┌─ DATASET CONTENT
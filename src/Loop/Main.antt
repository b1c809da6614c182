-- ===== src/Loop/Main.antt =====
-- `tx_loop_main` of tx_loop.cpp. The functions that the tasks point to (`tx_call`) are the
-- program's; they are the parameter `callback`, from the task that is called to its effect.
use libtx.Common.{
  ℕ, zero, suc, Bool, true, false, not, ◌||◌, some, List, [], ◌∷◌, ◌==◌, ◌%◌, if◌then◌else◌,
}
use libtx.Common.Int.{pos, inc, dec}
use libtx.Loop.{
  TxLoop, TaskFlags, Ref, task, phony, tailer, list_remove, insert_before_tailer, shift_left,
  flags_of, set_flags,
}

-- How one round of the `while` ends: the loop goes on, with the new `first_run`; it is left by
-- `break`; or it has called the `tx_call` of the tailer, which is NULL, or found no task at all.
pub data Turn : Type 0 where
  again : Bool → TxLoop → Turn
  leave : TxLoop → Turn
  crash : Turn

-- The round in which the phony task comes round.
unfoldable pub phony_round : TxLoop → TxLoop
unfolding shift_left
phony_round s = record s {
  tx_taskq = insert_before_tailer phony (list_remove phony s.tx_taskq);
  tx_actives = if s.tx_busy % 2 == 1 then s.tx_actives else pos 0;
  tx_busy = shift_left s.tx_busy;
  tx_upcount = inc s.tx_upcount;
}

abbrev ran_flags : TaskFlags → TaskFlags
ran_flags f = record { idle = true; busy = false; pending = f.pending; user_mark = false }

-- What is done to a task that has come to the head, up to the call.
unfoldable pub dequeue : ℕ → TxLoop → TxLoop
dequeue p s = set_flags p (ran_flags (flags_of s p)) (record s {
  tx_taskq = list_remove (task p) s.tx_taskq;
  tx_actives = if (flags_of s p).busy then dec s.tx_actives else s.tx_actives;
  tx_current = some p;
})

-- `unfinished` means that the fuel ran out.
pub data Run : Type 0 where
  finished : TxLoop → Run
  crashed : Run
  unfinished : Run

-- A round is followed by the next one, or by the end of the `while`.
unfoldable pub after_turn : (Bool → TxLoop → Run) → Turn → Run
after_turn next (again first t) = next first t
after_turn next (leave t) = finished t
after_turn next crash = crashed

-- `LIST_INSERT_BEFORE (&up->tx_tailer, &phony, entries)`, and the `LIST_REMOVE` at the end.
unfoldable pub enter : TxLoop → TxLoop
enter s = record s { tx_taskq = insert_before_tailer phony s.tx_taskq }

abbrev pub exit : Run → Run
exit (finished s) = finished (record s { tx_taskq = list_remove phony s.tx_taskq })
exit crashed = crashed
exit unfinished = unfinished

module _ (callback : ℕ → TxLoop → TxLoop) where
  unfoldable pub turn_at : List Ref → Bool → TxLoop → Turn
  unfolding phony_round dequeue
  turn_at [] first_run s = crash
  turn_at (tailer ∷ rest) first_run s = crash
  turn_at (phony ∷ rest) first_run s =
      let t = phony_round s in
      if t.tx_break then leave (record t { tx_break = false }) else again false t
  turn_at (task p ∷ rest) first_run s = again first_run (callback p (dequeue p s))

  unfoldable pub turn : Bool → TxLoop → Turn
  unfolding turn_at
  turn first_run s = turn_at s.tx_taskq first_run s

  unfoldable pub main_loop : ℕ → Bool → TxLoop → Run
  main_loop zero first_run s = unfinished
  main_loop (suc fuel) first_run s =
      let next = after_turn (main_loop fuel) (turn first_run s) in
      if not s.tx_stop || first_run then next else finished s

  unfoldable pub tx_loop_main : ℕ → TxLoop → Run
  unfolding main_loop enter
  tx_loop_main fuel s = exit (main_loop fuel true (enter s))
└─
WHAT THE TASK REQUIRES.
Wherever a line of the entries holds the string "exit", copy that line.

RESULT OF THIS TASK.
abbrev pub exit : Run → Run
exit (finished s) = finished (record s { tx_taskq = list_remove phony s.tx_taskq })
exit crashed = crashed
exit unfinished = unfinished
  tx_loop_main fuel s = exit (main_loop fuel true (enter s))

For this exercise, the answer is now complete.